WORK TO COMPLETE:
Please output exactly the part of the records below that opens with the line containing "compensation_attempt_count = 0;" and closes with the line containing "aggregate_revision = revision;", both lines included, and nothing else.

AVAILABLE DATA section start

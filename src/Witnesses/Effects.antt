-- ===== src/Witnesses/Effects.antt =====
-- An effect that is prepared, begun, accepted and applied, one that is canceled, and one that ended
-- uncertain.
use Prim.Native.String.{◌++◌}
use xgc2_orchestration_core.Base.{ℕ, String, none, some, [], ◌∷◌, Time}
use xgc2_orchestration_core.Contracts.Json.{Json, Fields, field, num}
use xgc2_orchestration_core.Contracts.Statuses.{FailureClass, DurableIntentKind}
use xgc2_orchestration_core.Contracts.Records.{DomainEvent, DurableIntent}
use xgc2_orchestration_core.Contracts.Runtimes.{EffectOwnership}
use xgc2_orchestration_core.Contracts.EffectStates.{
  CompensationPolicy, EffectState, EffectCompensationState, FenceKind, CommandRisk, ReceiptStatus,
}
use xgc2_orchestration_core.Contracts.Effects.{
  EffectIntent, EffectRecord, TargetFence, CommandEnvelope, CommandReceipt, CommandLedger,
}
use xgc2_orchestration_core.Execution.Event.{event_payload_schema_digest}
use xgc2_orchestration_core.Effect.Json.{command_envelope_json}
use xgc2_orchestration_core.Effect.Commands.{
  PrepareCommand, BeginCommand, ObserveReceiptCommand, ReconcileCommand, CancelPreparedCommand,
  CompensationCommand, EffectDecision,
}
use xgc2_orchestration_core.Effect.Outcomes.{receipt_fields, reconcile_fields, new_ledger}
use xgc2_orchestration_core.Witnesses.Encoder.{digest, hex}

abbrev pub disk_intent : EffectIntent
disk_intent = record {
  effect_id = "eff-" ++ hex;
  namespace_id = "ns-1";
  run_id = "run-1";
  invocation_id = "invocation-1";
  prepared_attempt_id = "attempt-1";
  effect_key = "disk";
  kind = "disk.create/v1";
  target_ref = "host-1";
  intent_schema_digest = digest;
  intent = some (field "size" (num 8) Fields.end);
  intent_digest = digest;
  intent_artifact_ref = "";
  ownership = EffectOwnership.owned;
  compensation_policy = CompensationPolicy.required;
  required_capability_refs = "disk.read" ∷ "disk.write" ∷ [];
  policy_digest = digest;
  descriptor_digest = digest;
  deadline = 900;
}

abbrev pub preparation : PrepareCommand
preparation = record { intent = disk_intent; command_id = "command-1"; at = 100 }

abbrev pub prepared_disk : EffectRecord
prepared_disk = record {
  effect_id = "eff-" ++ hex;
  intent = disk_intent;
  preparation_digest = digest;
  state = EffectState.prepared;
  command_id = "";
  command_identity_digest = "";
  external_identity = "";
  result_digest = "";
  result_artifact_ref = "";
  primary_failure = none;
  compensation_state = EffectCompensationState.unscheduled;
  compensation_attempt_count = 0;
  compensation_command_id = "";
  compensation_failure = none;
  compensation_next_at = none;
  compensation_reconciliation = none;
  prepared_at = 100;
  applying_at = none;
  primary_terminal_at = none;
  primary_terminal_revision = 0;
  compensation_started_at = none;
  compensation_finished_at = none;
  updated_at = 100;
  revision = 1;
}

abbrev pub disk_event : ℕ → String → String → Time → Fields → DomainEvent
disk_event revision event_type command_id at payload = record {
  event_id = "evt-" ++ hex;
  aggregate_type = "effect";
  aggregate_id = "eff-" ++ hex;
  aggregate_revision = revision;
  event_type = event_type;
  command_id = command_id;
  causation_id = "";
  correlation_id = "";
  payload_schema_digest = event_payload_schema_digest;
  payload_digest = digest;
  payload = payload;
  occurred_at = at;
}

abbrev disk_work : DurableIntentKind → Fields → DurableIntent
disk_work kind payload = record {
  kind = kind;
  identity = "dti-" ++ hex;
  aggregate_id = "eff-" ++ hex;
  payload_digest = digest;
  payload = payload;
}

abbrev pub preparing : EffectDecision
preparing = record {
  effect = prepared_disk;
  ledger = none;
  events =
      disk_event 1 "effect.prepared" "command-1" 100 (
        field "preparationDigest" (Json.text digest)
          (field "intentDigest" (Json.text digest) Fields.end))
      ∷ [];
  intents = [];
}

abbrev pub disk_fence : TargetFence
disk_fence = record {
  kind = FenceKind.revision;
  revision = some (record { target_id = "host-1"; expected_revision = 3 });
  generation = none;
  idempotent_create = none;
}

abbrev pub envelope : CommandEnvelope
envelope = record {
  command_id = "command-2";
  request_id = "";
  effect_id = "eff-" ++ hex;
  idempotency_key = "key";
  idempotency_key_hash = digest;
  identity_digest = digest;
  namespace_id = "ns-1";
  target_ref = "host-1";
  action = "create";
  actor_ref = "actor-1";
  source_ref = "source-1";
  reason_code = "workflow";
  reason = "";
  risk = CommandRisk.low;
  fence = disk_fence;
  payload_digest = digest;
  payload_artifact_ref = "";
  policy_digest = digest;
  descriptor_digest = digest;
  manifest_digest = "";
  deadline = 800;
  cancellation_id = "cancel-1";
  required_capability_refs = "disk.read" ∷ "disk.write" ∷ [];
  capability_token_hash = digest;
  capability_token = "token";
}

abbrev pub start : BeginCommand
start = record {
  effect_id = "eff-" ++ hex;
  expected_revision = 1;
  envelope = envelope;
  command_id = "command-2";
  at = 200;
}

abbrev pub applying_disk : EffectRecord
applying_disk = record prepared_disk {
  state = EffectState.applying;
  command_id = "command-2";
  command_identity_digest = digest;
  applying_at = some 200;
  updated_at = 200;
  revision = 2;
}

abbrev pub starting : EffectDecision
starting = record {
  effect = applying_disk;
  ledger = some (new_ledger envelope);
  events =
      disk_event 2 "effect.applying" "command-2" 200 (
        field "commandId" (Json.text "command-2")
          (field "commandIdentityDigest" (Json.text digest) Fields.end))
      ∷ [];
  intents =
      disk_work DurableIntentKind.outbox
        (field "command" (command_envelope_json envelope) Fields.end)
      ∷ [];
}

abbrev pub receipt : ℕ → ReceiptStatus → Time → String → CommandReceipt
receipt sequence status at result = record {
  receipt_id = "rcp-" ++ hex;
  command_id = "command-2";
  sequence = sequence;
  status = status;
  identity_digest = digest;
  fence_digest = digest;
  provider_ref = "provider-1";
  provider_digest = digest;
  policy_digest = digest;
  authorization_digest = digest;
  result_digest = result;
  result_artifact_ref = "";
  external_identity = "";
  failure = none;
  observed_at = at;
}

abbrev pub taken_receipt : CommandReceipt
taken_receipt = receipt 1 ReceiptStatus.accepted 300 ""

abbrev pub done_receipt : CommandReceipt
done_receipt = receipt 2 ReceiptStatus.succeeded 400 digest

abbrev pub taken_ledger : CommandLedger
taken_ledger = record { envelope = envelope; receipts = taken_receipt ∷ [] }

abbrev pub done_ledger : CommandLedger
done_ledger = record { envelope = envelope; receipts = taken_receipt ∷ done_receipt ∷ [] }

abbrev pub taking : ObserveReceiptCommand
taking = record {
  effect_id = "eff-" ++ hex;
  expected_revision = 2;
  receipt = taken_receipt;
  command_id = "command-3";
}

abbrev pub applied_by : ObserveReceiptCommand
applied_by = record {
  effect_id = "eff-" ++ hex;
  expected_revision = 3;
  receipt = done_receipt;
  command_id = "command-4";
}

abbrev pub accepted_disk : EffectRecord
accepted_disk = record applying_disk { updated_at = 300; revision = 3 }

abbrev pub applied_disk : EffectRecord
applied_disk = record accepted_disk {
  state = EffectState.applied;
  result_digest = digest;
  primary_terminal_at = some 400;
  primary_terminal_revision = 4;
  updated_at = 400;
  revision = 4;
}

abbrev pub observing_acceptance : EffectDecision
observing_acceptance = record {
  effect = accepted_disk;
  ledger = some taken_ledger;
  events =
      disk_event 3 "effect.receipt.accepted" "command-3" 300 (receipt_fields taken_receipt) ∷ [];
  intents = [];
}

abbrev pub observing_success : EffectDecision
observing_success = record {
  effect = applied_disk;
  ledger = some done_ledger;
  events =
      disk_event 4 "effect.receipt.succeeded" "command-4" 400 (receipt_fields done_receipt) ∷ [];
  intents = [];
}

abbrev pub undo : CompensationCommand
undo = record {
  effect_id = "eff-" ++ hex;
  expected_revision = 4;
  to = EffectCompensationState.pending;
  compensation_command_id = "";
  failure = none;
  retry_at = none;
  command_id = "command-5";
  at = 500;
}

abbrev pub pending_disk : EffectRecord
pending_disk = record applied_disk {
  compensation_state = EffectCompensationState.pending;
  updated_at = 500;
  revision = 5;
}

abbrev pub undoing : EffectDecision
undoing = record {
  effect = pending_disk;
  ledger = none;
  events =
      disk_event 5 "effect.compensation.pending" "command-5" 500 (
        field "from" (Json.text "unscheduled")
          (field "to" (Json.text "pending") (field "attemptCount" (num 0) Fields.end)))
      ∷ [];
  intents =
      disk_work DurableIntentKind.cleanup (
        field "effectId" (Json.text ("eff-" ++ hex)) (
          field "compensationState" (Json.text "pending")
            (field "effectRevision" (num 5) Fields.end)))
      ∷ [];
}

abbrev pub giving_up : CancelPreparedCommand
giving_up = record {
  effect_id = "eff-" ++ hex;
  expected_revision = 1;
  command_id = "command-6";
  at = 150;
}

abbrev pub canceled_disk : EffectRecord
canceled_disk = record prepared_disk {
  state = EffectState.canceled;
  compensation_state = EffectCompensationState.canceled;
  compensation_finished_at = some 150;
  primary_terminal_at = some 150;
  updated_at = 150;
  revision = 2;
  primary_terminal_revision = 2;
}

abbrev pub canceling_disk : EffectDecision
canceling_disk = record {
  effect = canceled_disk;
  ledger = none;
  events =
      disk_event 2 "effect.canceled" "command-6" 150
        (field "from" (Json.text "prepared") (field "to" (Json.text "canceled") Fields.end))
      ∷ [];
  intents = [];
}

abbrev pub lost_disk : EffectRecord
lost_disk = record accepted_disk {
  state = EffectState.uncertain;
  primary_failure = some (record {
    class = FailureClass.uncertain;
    code = "adapter.lost";
    message = "no answer";
    evidence_ref = "";
  });
  primary_terminal_at = some 400;
  primary_terminal_revision = 4;
  updated_at = 400;
  revision = 4;
}

abbrev pub asking : ReconcileCommand
asking = record {
  effect_id = "eff-" ++ hex;
  expected_revision = 4;
  command_id = "command-7";
  at = 500;
}

abbrev pub asked_disk : EffectRecord
asked_disk = record lost_disk { updated_at = 500; revision = 5 }

abbrev pub asking_disk : EffectDecision
asking_disk = record {
  effect = asked_disk;
  ledger = none;
  events =
      disk_event 5 "effect.reconciliation-requested" "command-7" 500 (reconcile_fields asked_disk)
      ∷ [];
  intents = disk_work DurableIntentKind.reconcile (reconcile_fields asked_disk) ∷ [];
}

AVAILABLE DATA section end

WRITTEN RESPONSE:
  compensation_attempt_count = 0;
  compensation_command_id = "";
  compensation_failure = none;
  compensation_next_at = none;
  compensation_reconciliation = none;
  prepared_at = 100;
  applying_at = none;
  primary_terminal_at = none;
  primary_terminal_revision = 0;
  compensation_started_at = none;
  compensation_finished_at = none;
  updated_at = 100;
  revision = 1;
}

abbrev pub disk_event : ℕ → String → String → Time → Fields → DomainEvent
disk_event revision event_type command_id at payload = record {
  event_id = "evt-" ++ hex;
  aggregate_type = "effect";
  aggregate_id = "eff-" ++ hex;
  aggregate_revision = revision;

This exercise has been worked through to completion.